▸ PROBLEM: Find and copy each line of the data that includes "missing".

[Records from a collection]
+ + + +

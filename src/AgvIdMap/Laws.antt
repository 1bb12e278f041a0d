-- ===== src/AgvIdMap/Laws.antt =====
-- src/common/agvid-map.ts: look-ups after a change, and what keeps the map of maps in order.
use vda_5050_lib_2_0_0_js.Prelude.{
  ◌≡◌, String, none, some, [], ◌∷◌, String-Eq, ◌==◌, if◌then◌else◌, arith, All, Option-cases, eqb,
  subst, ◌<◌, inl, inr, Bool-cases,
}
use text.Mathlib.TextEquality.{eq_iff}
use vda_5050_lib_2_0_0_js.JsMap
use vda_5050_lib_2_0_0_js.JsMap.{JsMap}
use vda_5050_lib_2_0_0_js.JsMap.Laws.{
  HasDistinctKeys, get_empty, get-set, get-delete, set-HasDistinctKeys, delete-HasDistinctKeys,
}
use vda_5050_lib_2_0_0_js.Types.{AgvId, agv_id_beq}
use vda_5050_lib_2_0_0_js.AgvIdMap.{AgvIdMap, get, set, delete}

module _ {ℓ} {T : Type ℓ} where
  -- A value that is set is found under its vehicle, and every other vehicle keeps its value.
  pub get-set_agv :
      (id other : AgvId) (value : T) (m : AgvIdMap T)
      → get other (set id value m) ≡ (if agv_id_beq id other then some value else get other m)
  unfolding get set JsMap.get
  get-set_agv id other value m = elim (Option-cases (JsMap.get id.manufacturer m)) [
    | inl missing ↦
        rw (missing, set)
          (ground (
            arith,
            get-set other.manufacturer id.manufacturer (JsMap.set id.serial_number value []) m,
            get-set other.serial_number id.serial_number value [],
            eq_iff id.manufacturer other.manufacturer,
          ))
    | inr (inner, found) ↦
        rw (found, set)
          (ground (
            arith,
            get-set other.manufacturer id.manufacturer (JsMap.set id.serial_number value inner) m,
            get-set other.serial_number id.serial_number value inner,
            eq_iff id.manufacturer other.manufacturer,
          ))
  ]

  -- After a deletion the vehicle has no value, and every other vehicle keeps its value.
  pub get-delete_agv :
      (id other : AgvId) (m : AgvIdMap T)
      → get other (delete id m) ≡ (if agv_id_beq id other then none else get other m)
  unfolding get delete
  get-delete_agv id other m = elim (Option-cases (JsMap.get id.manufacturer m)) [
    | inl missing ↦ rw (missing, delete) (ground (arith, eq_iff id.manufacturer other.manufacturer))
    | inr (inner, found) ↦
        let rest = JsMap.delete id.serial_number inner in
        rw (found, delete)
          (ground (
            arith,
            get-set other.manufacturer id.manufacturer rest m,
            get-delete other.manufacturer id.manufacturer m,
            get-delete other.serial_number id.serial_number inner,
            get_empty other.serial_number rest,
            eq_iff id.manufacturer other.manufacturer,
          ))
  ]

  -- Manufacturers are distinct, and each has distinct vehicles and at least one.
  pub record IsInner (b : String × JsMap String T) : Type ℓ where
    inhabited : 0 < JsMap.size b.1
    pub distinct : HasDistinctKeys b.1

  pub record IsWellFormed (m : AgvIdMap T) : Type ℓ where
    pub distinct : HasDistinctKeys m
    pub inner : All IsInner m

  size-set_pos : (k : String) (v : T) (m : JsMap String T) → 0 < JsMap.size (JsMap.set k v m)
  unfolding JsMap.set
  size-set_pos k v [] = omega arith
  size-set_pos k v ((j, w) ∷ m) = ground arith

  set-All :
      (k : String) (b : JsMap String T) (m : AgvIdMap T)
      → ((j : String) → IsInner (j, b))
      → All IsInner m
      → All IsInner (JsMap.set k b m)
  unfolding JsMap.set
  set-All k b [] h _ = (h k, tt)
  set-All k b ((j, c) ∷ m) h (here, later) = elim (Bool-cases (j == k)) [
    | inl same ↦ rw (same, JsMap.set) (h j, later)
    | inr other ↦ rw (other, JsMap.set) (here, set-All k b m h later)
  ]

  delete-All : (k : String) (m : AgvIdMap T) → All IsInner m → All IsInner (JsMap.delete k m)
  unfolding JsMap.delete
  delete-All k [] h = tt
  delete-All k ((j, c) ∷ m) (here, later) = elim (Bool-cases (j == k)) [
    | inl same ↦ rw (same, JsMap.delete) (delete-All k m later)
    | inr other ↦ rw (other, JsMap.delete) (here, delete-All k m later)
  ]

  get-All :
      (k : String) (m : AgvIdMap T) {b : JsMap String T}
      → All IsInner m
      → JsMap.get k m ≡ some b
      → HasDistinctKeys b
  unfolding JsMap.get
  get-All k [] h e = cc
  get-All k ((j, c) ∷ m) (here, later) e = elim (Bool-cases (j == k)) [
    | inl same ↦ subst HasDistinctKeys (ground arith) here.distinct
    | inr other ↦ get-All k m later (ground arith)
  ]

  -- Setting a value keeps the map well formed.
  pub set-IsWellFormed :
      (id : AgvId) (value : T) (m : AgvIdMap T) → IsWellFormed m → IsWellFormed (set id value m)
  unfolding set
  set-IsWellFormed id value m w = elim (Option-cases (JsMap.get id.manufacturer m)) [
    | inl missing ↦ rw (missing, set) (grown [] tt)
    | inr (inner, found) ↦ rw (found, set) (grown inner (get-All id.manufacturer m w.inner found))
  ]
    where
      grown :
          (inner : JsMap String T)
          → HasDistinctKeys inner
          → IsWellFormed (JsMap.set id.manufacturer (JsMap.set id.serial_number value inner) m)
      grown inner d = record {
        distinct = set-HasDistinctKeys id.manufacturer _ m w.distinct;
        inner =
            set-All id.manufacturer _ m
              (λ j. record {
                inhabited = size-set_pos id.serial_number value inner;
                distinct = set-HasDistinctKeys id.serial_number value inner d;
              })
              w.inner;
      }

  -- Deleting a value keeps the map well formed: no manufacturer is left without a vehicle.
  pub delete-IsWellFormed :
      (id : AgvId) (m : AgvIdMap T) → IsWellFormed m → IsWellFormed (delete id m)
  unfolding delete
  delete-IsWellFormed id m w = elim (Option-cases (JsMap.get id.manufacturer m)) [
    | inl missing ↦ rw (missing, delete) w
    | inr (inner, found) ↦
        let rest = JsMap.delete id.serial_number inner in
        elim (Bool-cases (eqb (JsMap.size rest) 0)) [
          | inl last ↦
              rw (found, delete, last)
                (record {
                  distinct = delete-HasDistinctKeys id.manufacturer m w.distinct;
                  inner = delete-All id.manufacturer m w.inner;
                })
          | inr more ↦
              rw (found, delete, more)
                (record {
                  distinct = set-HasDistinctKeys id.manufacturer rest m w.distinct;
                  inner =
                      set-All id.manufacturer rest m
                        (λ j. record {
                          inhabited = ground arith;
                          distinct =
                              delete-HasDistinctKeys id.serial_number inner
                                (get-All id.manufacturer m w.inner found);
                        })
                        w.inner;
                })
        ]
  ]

+ + + +

▸ SOLUTION TO THE EXERCISE:
    | inl missing ↦
        rw (missing, set)
    | inl missing ↦ rw (missing, delete) (ground (arith, eq_iff id.manufacturer other.manufacturer))
    | inl missing ↦ rw (missing, set) (grown [] tt)
    | inl missing ↦ rw (missing, delete) w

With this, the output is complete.